-- ===== src/Polymarket/Client/Laws.antt =====
-- polymarket/client.py: who can sign.
use poly_holy_market_bot.Prelude.{◌≡◌, Bool, true, false, Option, some, Text, arith}
use poly_holy_market_bot.Polymarket.Client.{
  PolymarketCreds, has_private_key, mismatch, Client, init_clob, from_creds,
}

-- A client that is built from credentials can sign orders exactly if they hold a private key, it
-- trades only if it can sign, and with a key it is refused if the key has another address.
pub from_creds-signing :
    (derives : Bool) (derived : Option Text) (c : PolymarketCreds) (pm : Client)
    → from_creds derives derived c ≡ some pm
    → (pm.order_signing_ready ≡ has_private_key c)
      × (pm.trading_ready ≡ true → pm.order_signing_ready ≡ true)
      × (has_private_key c ≡ true → mismatch c.wallet_address derived ≡ false)
      × (pm.wallet_address ≡ c.wallet_address)
unfolding from_creds init_clob
from_creds-signing derives derived c pm h = ground arith
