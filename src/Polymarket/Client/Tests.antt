-- ===== src/Polymarket/Client/Tests.antt =====
-- The client on concrete credentials and orders.
use poly_holy_market_bot.Prelude.{◌≡◌, ◌≢◌, refl, true, false, none, some, codes, lower, text_eq}
use poly_holy_market_bot.Polymarket.Client.{
  PolymarketCreds, Client, init_clob, from_creds, read_only, buy, fok, limit_order, sends, refuses,
  trading_unavailable, place_capped_buy, capped_size, place_limit_order, place_market_order,
  side_of, market_order, sell, bad_argument,
}

abbrev with_key : PolymarketCreds
with_key = record (read_only (codes "0xAB")) { private_key = some (codes "k") }

abbrev signer : Client
signer = record { wallet_address = codes "0xAB"; trading_ready = false; order_signing_ready = true }

built : from_creds false (some (codes "0xab")) with_key ≡ some signer
unfolding from_creds init_clob lower text_eq
built = refl

-- $25 at a cap of 0.80 buys 31.25 shares.
capped :
    place_capped_buy signer (codes "t") 25_000_000 800_000 none
    ≡ sends (limit_order (codes "t") 800_000 31_250_000 buy none fok)
unfolding place_capped_buy
capped = refl

capped_sends :
    place_capped_buy signer (codes "t") 25_000_000 800_000 none ≢ refuses trading_unavailable
unfolding place_capped_buy
capped_sends e = cc

sold :
    place_market_order signer (codes "t") 5 (codes "SELL")
    ≡ sends (market_order (codes "t") 5 sell fok)
unfolding place_market_order side_of lower text_eq
sold = refl

no_side : place_limit_order signer (codes "t") 1 1 (codes "") none ≡ refuses bad_argument
unfolding place_limit_order side_of lower text_eq
no_side = refl

-- In floats, 58 cents at a price of one cent buy 57.99 shares.
short_by_a_tick : capped_size 580_000 10_000 ≡ 57_990_000
unfolding capped_size
short_by_a_tick = refl

whole_tick : capped_size 5_000_000 500_000 ≡ 10_000_000
unfolding capped_size
whole_tick = refl
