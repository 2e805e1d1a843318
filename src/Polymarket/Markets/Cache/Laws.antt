-- ===== src/Polymarket/Markets/Cache/Laws.antt =====
-- polymarket/markets.py: what a read of the cache returns after a write.
use poly_holy_market_bot.Prelude.{
  ℕ, ◌+◌, ◌≤◌, ◌<◌, ◌≡◌, refl, Bool, false, not, Option, none, some, [], ◌∷◌, arith, filter, ◌==◌,
  ltb, leb, if◌then◌else◌, Text, text_eq, text_eq_iff, Bool-cases, inl, inr, length,
}
use mathlib.Core.Path.{subst}
use poly_holy_market_bot.Polymarket.Markets.Cache.{
  Entry, Cache, find_key, remove_key, prune, cache_get, cache_put, prune_above,
}

module _ {V : Type 0} where
  -- The keys of a dict are distinct.
  abbrev pub IsKeyed : Cache V → Type 0
  IsKeyed [] = Unit
  IsKeyed (e ∷ c) = (find_key e.key c ≡ none) × IsKeyed c

  find_key-filter-none :
      (p : Entry V → Bool) (j : Text) (c : Cache V)
      → find_key j c ≡ none
      → find_key j (filter p c) ≡ none
  find_key-filter-none p j [] h = refl
  find_key-filter-none p j (e ∷ c) h = ground (arith, find_key-filter-none p j c)

  filter-IsKeyed : (p : Entry V → Bool) (c : Cache V) → IsKeyed c → IsKeyed (filter p c)
  filter-IsKeyed p [] h = tt
  filter-IsKeyed p (e ∷ c) h =
      ground (arith, filter-IsKeyed p c h.1, find_key-filter-none p e.key c h.0)

  find_key-remove_self : (k : Text) (c : Cache V) → find_key k (remove_key k c) ≡ none
  unfolding remove_key
  find_key-remove_self k [] = refl
  find_key-remove_self k (e ∷ c) = ground (arith, find_key-remove_self k c)

  find_key-remove_ne :
      (k j : Text) (c : Cache V) → text_eq k j ≡ false → find_key j (remove_key k c) ≡ find_key j c
  unfolding remove_key
  find_key-remove_ne k j [] ne = refl
  find_key-remove_ne k j (e ∷ c) ne = ground (
    arith,
    find_key-remove_ne k j c ne,
    text_eq_iff e.key k,
    text_eq_iff e.key j,
    text_eq_iff k j,
  )

  -- What a read at time `now` returns of what the dict holds.
  abbrev pub fresh : ℕ → Option (Entry V) → Option V
  fresh now none = none
  fresh now (some e) = if ltb now e.expires then some e.value else none

  read-eq-fresh :
      (ttl now : ℕ) (j : Text) (c : Cache V)
      → (cache_get ttl now j c).0 ≡ (if ttl == 0 then none else fresh now (find_key j c))
  unfolding cache_get
  read-eq-fresh ttl now j c = ground arith

  -- A pruned entry had expired, so no later read misses it.
  fresh-prune :
      (now later : ℕ) (j : Text) (c : Cache V)
      → IsKeyed c
      → now ≤ later
      → fresh later (find_key j (prune now c)) ≡ fresh later (find_key j c)
  unfolding prune
  fresh-prune now later j [] h le = refl
  fresh-prune now later j (e ∷ c) h le = elim (Bool-cases (text_eq e.key j)) [
    | inl same ↦
        let gone : find_key j c ≡ none =
          subst (λ k. find_key k c ≡ none) ((text_eq_iff e.key j).0 same) h.0 in
        ground (arith, find_key-filter-none (λ x. not (leb x.expires now)) j c gone)
    | inr apart ↦ ground (arith, fresh-prune now later j c h.1 le)
  ]

  abbrev stored : ℕ → Text → V → Cache V → Cache V
  stored expires k v c = record { key = k; expires = expires; value = v } ∷ remove_key k c

  stored-IsKeyed :
      (expires : ℕ) (k : Text) (v : V) (c : Cache V) → IsKeyed c → IsKeyed (stored expires k v c)
  unfolding remove_key
  stored-IsKeyed expires k v c h =
      (find_key-remove_self k c, filter-IsKeyed (λ e. not (text_eq e.key k)) c h)

  fresh-put :
      (ttl now later : ℕ) (k j : Text) (v : V) (c : Cache V)
      → IsKeyed c
      → 0 < ttl
      → now ≤ later
      → fresh later (find_key j (cache_put ttl now k v c))
        ≡ fresh later (find_key j (stored (now + ttl) k v c))
  unfolding cache_put
  fresh-put ttl now later k j v c h pos_ttl le =
      elim (Bool-cases (ltb prune_above (length (stored (now + ttl) k v c)))) [
        | inl large ↦ ground (
          arith,
          fresh-prune now later j (stored (now + ttl) k v c) (stored-IsKeyed (now + ttl) k v c h)
              le,
        )
        | inr small ↦ ground arith
      ]

  fresh-stored :
      (expires later : ℕ) (k j : Text) (v : V) (c : Cache V)
      → fresh later (find_key j (stored expires k v c)) ≡ (
          if text_eq k j
          then if ltb later expires then some v else none
          else fresh later (find_key j c))
  fresh-stored expires later k j v c = elim (Bool-cases (text_eq k j)) [
    | inl same ↦ ground arith
    | inr apart ↦ ground (arith, find_key-remove_ne k j c apart)
  ]

  -- A read after a write: the key that was written gives its value as long as the ttl lasts and
  -- nothing from then on, and every other key gives what it gave before, also if the write pruned.
  pub get-put :
      (ttl now later : ℕ) (k j : Text) (v : V) (c : Cache V)
      → IsKeyed c
      → 0 < ttl
      → now ≤ later
      → (cache_get ttl later j (cache_put ttl now k v c)).0 ≡ (
          if text_eq k j
          then if ltb later (now + ttl) then some v else none
          else (cache_get ttl later j c).0)
  get-put ttl now later k j v c h pos_ttl le = ground (
    arith,
    read-eq-fresh ttl later j (cache_put ttl now k v c),
    read-eq-fresh ttl later j c,
    fresh-put ttl now later k j v c h pos_ttl le,
    fresh-stored (now + ttl) later k j v c,
  )

  -- Writes and reads keep the keys of the dict distinct.
  pub put-IsKeyed :
      (ttl now : ℕ) (k : Text) (v : V) (c : Cache V) → IsKeyed c → IsKeyed (cache_put ttl now k v c)
  unfolding cache_put prune
  put-IsKeyed ttl now k v c h = ground (
    arith,
    stored-IsKeyed (now + ttl) k v c h,
    filter-IsKeyed (λ e. not (leb e.expires now)) (stored (now + ttl) k v c)
        (stored-IsKeyed (now + ttl) k v c h),
  )

  pub get-IsKeyed :
      (ttl now : ℕ) (k : Text) (c : Cache V) → IsKeyed c → IsKeyed (cache_get ttl now k c).1
  unfolding cache_get remove_key
  get-IsKeyed ttl now k c h = ground (arith, filter-IsKeyed (λ e. not (text_eq e.key k)) c h)
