-- ===== src/Polymarket/Markets/Fetch/States.antt =====
-- polymarket/markets.py: `get_market_state` tells a closed market from a failed read.
use poly_holy_market_bot.Prelude.{
  ℕ, ◌+◌, ◌≤◌, ◌<◌, ◌≡◌, ◌≢◌, ◌↔◌, refl, Option, none, List, [], ◌∷◌, arith, Text, text_eq_refl,
}
use poly_holy_market_bot.Polymarket.Markets.{Scalar, GammaMarket, normalize_market}
use poly_holy_market_bot.Polymarket.Markets.Cache.{Cache, cache_get}
use poly_holy_market_bot.Polymarket.Markets.Cache.Laws.{IsKeyed, get-put, get-IsKeyed}
use poly_holy_market_bot.Polymarket.Markets.Fetch.{
  Reply, raised, bad_status, rows, MarketState, closed_market, error_state, get_market_state,
  state_of,
}

module _ (loads : Text → Option (List Scalar)) (ttl now : ℕ) (id : Text) where
  -- A failed read is never stored: where nothing fresh was cached, an "error" answer leaves the
  -- cache as the read left it, so that the next call asks again.
  pub get_market_state_error :
      (reply : Reply) (c : Cache MarketState)
      → (cache_get ttl now id c).0 ≡ none
      → (get_market_state loads ttl now id reply c).0 ≡ error_state
      → (get_market_state loads ttl now id reply c).1 ≡ (cache_get ttl now id c).1
  unfolding get_market_state
  get_market_state_error raised c miss e = ground arith
  get_market_state_error bad_status c miss e = ground arith
  get_market_state_error (rows []) c miss e = ground arith
  get_market_state_error (rows (r ∷ rest)) c miss e = ground arith

  -- "closed" is answered, where nothing fresh was cached, exactly if the read gave a row that is
  -- not bettable; a network error, a bad status or an empty body never reads as closed.
  pub get_market_state_closed :
      (reply : Reply) (c : Cache MarketState)
      → (cache_get ttl now id c).0 ≡ none
      → ((get_market_state loads ttl now id reply c).0 ≡ closed_market) ↔ (
          (r : GammaMarket) × (rest : List GammaMarket) × (reply ≡ rows (r ∷ rest))
          × (normalize_market loads r ≡ none))
  unfolding get_market_state
  get_market_state_closed raised c miss =
      (λ h. absurd (ground arith), λ (r, rest, e, n). absurd (ground arith))
  get_market_state_closed bad_status c miss =
      (λ h. absurd (ground arith), λ (r, rest, e, n). absurd (ground arith))
  get_market_state_closed (rows []) c miss =
      (λ h. absurd (ground arith), λ (r, rest, e, n). absurd (ground arith))
  get_market_state_closed (rows (r ∷ rest)) c miss =
      (λ h. (r, rest, refl, ground arith), λ (r', rest', e, n). ground arith)

  -- Once a read has answered "open" or "closed", every call before the ttl is over gives the same
  -- answer, whatever the network would say.
  pub get_market_state_cached :
      (later : ℕ) (reply reply' : Reply) (c : Cache MarketState)
      → IsKeyed c
      → now ≤ later
      → later < now + ttl
      → (cache_get ttl now id c).0 ≡ none
      → (get_market_state loads ttl now id reply c).0 ≢ error_state
      → (get_market_state loads ttl later id reply' (get_market_state loads ttl now id reply c).1).0
        ≡ (get_market_state loads ttl now id reply c).0
  unfolding get_market_state
  get_market_state_cached later (rows (r ∷ rest)) reply' c keyed le lt miss ok = ground (
    arith,
    get-put ttl now later id id (state_of loads ttl now id (normalize_market loads r))
        (cache_get ttl now id c).1 (get-IsKeyed ttl now id c keyed) (omega arith) le,
    text_eq_refl id,
  )
  get_market_state_cached later raised reply' c keyed le lt miss ok = absurd (ok (ground arith))
  get_market_state_cached later bad_status reply' c keyed le lt miss ok = absurd (ok (ground arith))
  get_market_state_cached later (rows []) reply' c keyed le lt miss ok = absurd (ok (ground arith))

================================

Looking at the data above, give the number of lines that include "Fetch"; add nothing else.

2